I'm surprised this boat got this old without an owner installing inboard genoa tracks - a pretty good sign the boat was never raced, or at least, never raced seriously.


----------



## ltgoshen (Jan 5, 2009)

*Hin zcc30675m81e*

Thats my other question what can this number tell me abought this boat??



RobGallagher said:


> I owned one for 11 yrs. Feel free to PM me.
> Thats my other question what can this number tell me abought this boat??
> 
> The deck may in fact be dry. I had a complete survey done when I purchased the boat and the decks where dry. My boat was a '72 and I had the survey done in 2000.
> ...


----------



## sailingfool (Apr 17, 2000)

ltgoshen said:


> Thats my other question what can this number tell me abought this boat??


The boom is one foot higher than early years (raised in '78 to reduce head aches).


----------



## ltgoshen (Jan 5, 2009)

*Sailingfool Thanks I was told differant.*



sailingfool said:


> I'm surprised this boat got this old without an owner installing inboard genoa tracks - a pretty good sign the boat was never raced, or at least, never raced seriously.


I was told that the man who owned this boat raced quite a bit. However, He would have been at the end of his sailing adventures around 1996 / 1997? I do have some photos of the sails if you would care to see them.


----------



## ltgoshen (Jan 5, 2009)

*Thanks Rob.*



RobGallagher said:


> I noticed in the photo there are winches at the mast and aft by the companion way. If you end up single handing often, and run all your lines aft, you might want to remove the hardware at the mast. It's a magnet for fouling jib sheets during a tack in a breeze.


It looks to me the solar vents are in the way of the winches on both sides not to mention that the diamiter is to large for the placement?


----------



## RobGallagher (Aug 22, 2001)

No and no. 

I had the same set up on an identical deck.

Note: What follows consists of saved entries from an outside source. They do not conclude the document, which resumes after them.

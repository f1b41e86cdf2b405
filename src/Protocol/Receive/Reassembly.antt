-- ===== src/Protocol/Receive/Reassembly.antt =====
-- The packet that a client sent is put together from whatever pieces recv() returns.
use open_fusion.Common.{
  drop-add, ap₂, ℕ, ◌+◌, ◌-◌, ◌≤◌, ◌<◌, ◌≡◌, refl, sym, ◌∙◌, ap, true, false, Option, none, some,
  List, [], ◌∷◌, ◌++◌, arith, length, take, drop, length-append, length-take, All, ◌≢◌,
}
use mathlib.Core.List.{append-nil, append_assoc}
use open_fusion.Common.Int.{pos, pos_part}
use open_fusion.Protocol.Cipher.{◌>>=◌}
use open_fusion.Protocol.Packets.{cn_packet_buffer_size, PacketDesc, PacketData}
use open_fusion.Protocol.Socket.{Socket}
use open_fusion.Protocol.Socket.Frames.{take_front, drop_front}
use open_fusion.Protocol.Receive.{
  RecvReply, received, recv_would_block, goes_on, read_body, finish_packet, first_part, second_part,
  third_part, step, is_complete, wants_body, wants_header,
}
use open_fusion.Protocol.Receive.Safety.{write_at_lem, length-written}

-- The pieces, in order.
unfoldable pub concat : List (List ℕ) → List ℕ
concat [] = []
concat (c ∷ cs) = c ++ concat cs

-- A socket in the middle of a packet of n bytes.
pub record IsReading (s : Socket) (n : ℕ) : Type 0 where
  pub size : s.read_size ≡ pos n
  pub index : s.read_buffer_index < n
  pub active : s.actively_reading ≡ true
  pub buffered : length s.read_buffer ≡ cn_packet_buffer_size
  pub bounded : n ≤ cn_packet_buffer_size

-- The bytes of a piece behind the i bytes that are there.
abbrev pub written : List ℕ → ℕ → List ℕ → List ℕ
written buf i c = take i buf ++ (c ++ drop (i + length c) buf)

abbrev pub got : Socket → List ℕ → Socket
got s c = record s {
  read_buffer = written s.read_buffer s.read_buffer_index c;
  read_buffer_index = s.read_buffer_index + length c;
}

bind_some {ℓ} : {A : Type ℓ} (m : Option A) → (m >>= some) ≡ m
bind_some none = refl
bind_some (some a) = refl

pub bind_step {ℓ κ} :
    {A : Type ℓ} {B : Type κ} (m : Option A) (f : A → Option B) {a : A} {r : Option B}
    → m ≡ some a
    → f a ≡ r
    → (m >>= f) ≡ r
bind_step m f e h = rw e h

-- The buffer after one piece and the rest is the buffer after both.
rejoin :
    (buf : List ℕ) (i : ℕ) (c rest : List ℕ) (n : ℕ)
    → i ≤ length buf
    → i + length c ≤ n
    → take (i + length c) (written buf i c) ++ (rest ++ drop n (written buf i c))
      ≡ take i buf ++ (c ++ rest ++ drop n buf)
rejoin buf i c rest n room fits =
    let m = i + length c in
    let k = n - m in
    let x = take i buf ++ c in
    let y = drop m buf in
    let lx : length x ≡ m = omega (arith, length-append (take i buf) c, length-take i buf) in
    let split : n ≡ m + k = omega arith in
    let shape : written buf i c ≡ x ++ y = sym (append_assoc (take i buf) c y) in
    let behind : drop n (x ++ y) ≡ drop n buf =
      ap (λ (t : ℕ). drop t (x ++ y)) split
      ∙ drop-add m k (x ++ y)
      ∙ ap (drop k) (drop_front m x y lx)
      ∙ sym (drop-add m k buf)
      ∙ ap (λ (t : ℕ). drop t buf) (sym split) in
    rw (shape, take_front m x y lx, behind) (simp append_assoc)

pub first_part_reading :
    (recv : ℕ → RecvReply) (s : Socket)
    → wants_header s ≡ false
    → first_part recv s ≡ some (goes_on s)
unfolding first_part
first_part_reading recv s e = rw e

second_part_reading :
    (recv : ℕ → RecvReply) (s : Socket)
    → wants_body s ≡ true
    → second_part recv (goes_on s) ≡ read_body s (recv (pos_part s.read_size - s.read_buffer_index))
unfolding second_part
second_part_reading recv s e = rw e

read_body-got :
    (s : Socket) (b : ℕ) (bs : List ℕ)
    → s.read_buffer_index + length (b ∷ bs) ≤ length s.read_buffer
    → read_body s (received (b ∷ bs)) ≡ some (goes_on (got s (b ∷ bs)))
unfolding read_body
read_body-got s b bs h = rw (write_at_lem s.read_buffer s.read_buffer_index (b ∷ bs) h)

reads : (s : Socket) (n : ℕ) → IsReading s n → (wants_header s ≡ false) × (wants_body s ≡ true)
reads s n v = (ground (arith, v.size, v.index), ground (arith, v.size, v.index))

module _ (packets : ℕ → Option PacketDesc) (handler : Socket → PacketData → Socket) where
  -- One call of `step` for each piece; a packet is being read, so recv() is called once.
  pub deliver : List (List ℕ) → Socket → Option Socket
  deliver [] s = some s
  deliver (c ∷ cs) s =
      step packets handler (λ _. recv_would_block) (λ _. received c) s >>= deliver cs

  step_piece :
      (s : Socket) (n b : ℕ) (bs : List ℕ)
      → IsReading s n
      → s.read_buffer_index + length (b ∷ bs) ≤ n
      → step packets handler (λ _. recv_would_block) (λ _. received (b ∷ bs)) s
        ≡ third_part packets handler (goes_on (got s (b ∷ bs)))
  unfolding step
  step_piece s n b bs v h = rw (
    first_part_reading (λ _. recv_would_block) s (reads s n v).0,
    second_part_reading (λ _. received (b ∷ bs)) s (reads s n v).1,
    read_body-got s b bs (omega (arith, v.buffered, v.bounded)),
  )

  pub third_part_partial :
      (s : Socket) → is_complete s ≡ false → third_part packets handler (goes_on s) ≡ some s
  unfolding third_part
  third_part_partial s e = rw e

  third_part_complete :
      (s : Socket)
      → is_complete s ≡ true
      → third_part packets handler (goes_on s) ≡ finish_packet packets handler s
  unfolding third_part
  third_part_complete s e = rw e

  -- A socket that reads a packet of n bytes, and gets the bytes that are missing in any pieces, none
  -- of them empty, goes on to decrypt and hand on the packet after the last piece and not before:
  -- its read buffer then holds the bytes that it had, the pieces in order, and behind the n bytes
  -- what stood there.
  pub deliver-finish_packet :
      (cs : List (List ℕ)) (s : Socket) (n : ℕ)
      → IsReading s n
      → All (λ c. c ≢ []) cs
      → s.read_buffer_index + length (concat cs) ≡ n
      → deliver cs s
        ≡ finish_packet packets handler (record s {
          read_buffer =
              take s.read_buffer_index s.read_buffer ++ (concat cs ++ drop n s.read_buffer);
          read_buffer_index = n;
        })
  unfolding deliver concat
  deliver-finish_packet [] s n v ne total = absurd (omega (arith, v.index))
  deliver-finish_packet ([] ∷ cs) s n v ne total = absurd (ne.0 refl)
  deliver-finish_packet ((b ∷ bs) ∷ []) s n v ne total =
      let i = s.read_buffer_index in
      let c = b ∷ bs in
      let all : i + length c ≡ n = omega (arith, total, length-append c []) in
      rw
        (
          step_piece s n b bs v (omega arith),
          third_part_complete (got s c) (ground (arith, v.size, v.active)),
          bind_some (finish_packet packets handler (got s c)),
        )
        (ap₂
          (λ (buf : List ℕ) (k : ℕ).
            finish_packet packets handler (record s { read_buffer = buf; read_buffer_index = k }))
          (ap₂ (λ (t : List ℕ) (k : ℕ). take i s.read_buffer ++ (t ++ drop k s.read_buffer))
            (sym (append-nil c)) all)
          all)
  deliver-finish_packet ((b ∷ bs) ∷ ([] ∷ cs)) s n v ne total = absurd (ne.1.0 refl)
  deliver-finish_packet ((b ∷ bs) ∷ ((b' ∷ bs') ∷ cs)) s n v ne total =
      let i = s.read_buffer_index in
      let c = b ∷ bs in
      let rest = (b' ∷ bs') ∷ cs in
      let sum = length-append c (concat rest) in
      let fits : i + length c < n = omega (arith, total, sum) in
      let room : i + length c ≤ length s.read_buffer = omega (arith, v.buffered, v.bounded) in
      let v' : IsReading (got s c) n = record {
        size = v.size;
        index = fits;
        active = v.active;
        buffered = length-written s.read_buffer i c room ∙ v.buffered;
        bounded = v.bounded;
      } in
      bind_step _ (deliver rest)
        (step_piece s n b bs v (omega arith)
          ∙ third_part_partial (got s c) (ground (arith, v.size, v.active)))
        (deliver-finish_packet ((b' ∷ bs') ∷ cs) (got s c) n v' ne.1 (omega (arith, total, sum))
          ∙ ap
              (λ (buf : List ℕ).
                finish_packet packets handler
                  (record s { read_buffer = buf; read_buffer_index = n }))
              (rejoin s.read_buffer i c (concat rest) n (omega arith) (omega arith)))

Works well.


----------



## ltgoshen (Jan 5, 2009)

*IM not sent*

I tried to send you a IM but I have to have 15 or more post to send a IM I will follow up soon


----------



## sailingfool (Apr 17, 2000)

ltgoshen said:


> I was told that the man who owned this boat raced quite a bit. However, He would have been at the end of his sailing adventures around 1996 / 1997? I do have some photos of the sails if you would care to see them.


Maybe raced in a light air region? The short track next to the cockpit might trim a 155%, hard to see just where it is. However a smaller sail, such as a 120% or less, trimmed to the toerail, will point some 10 degrees less than with a track inside the shrouds, and go no faster (and that is personal experience with the boat). From a race perspective, you may as well stay at home.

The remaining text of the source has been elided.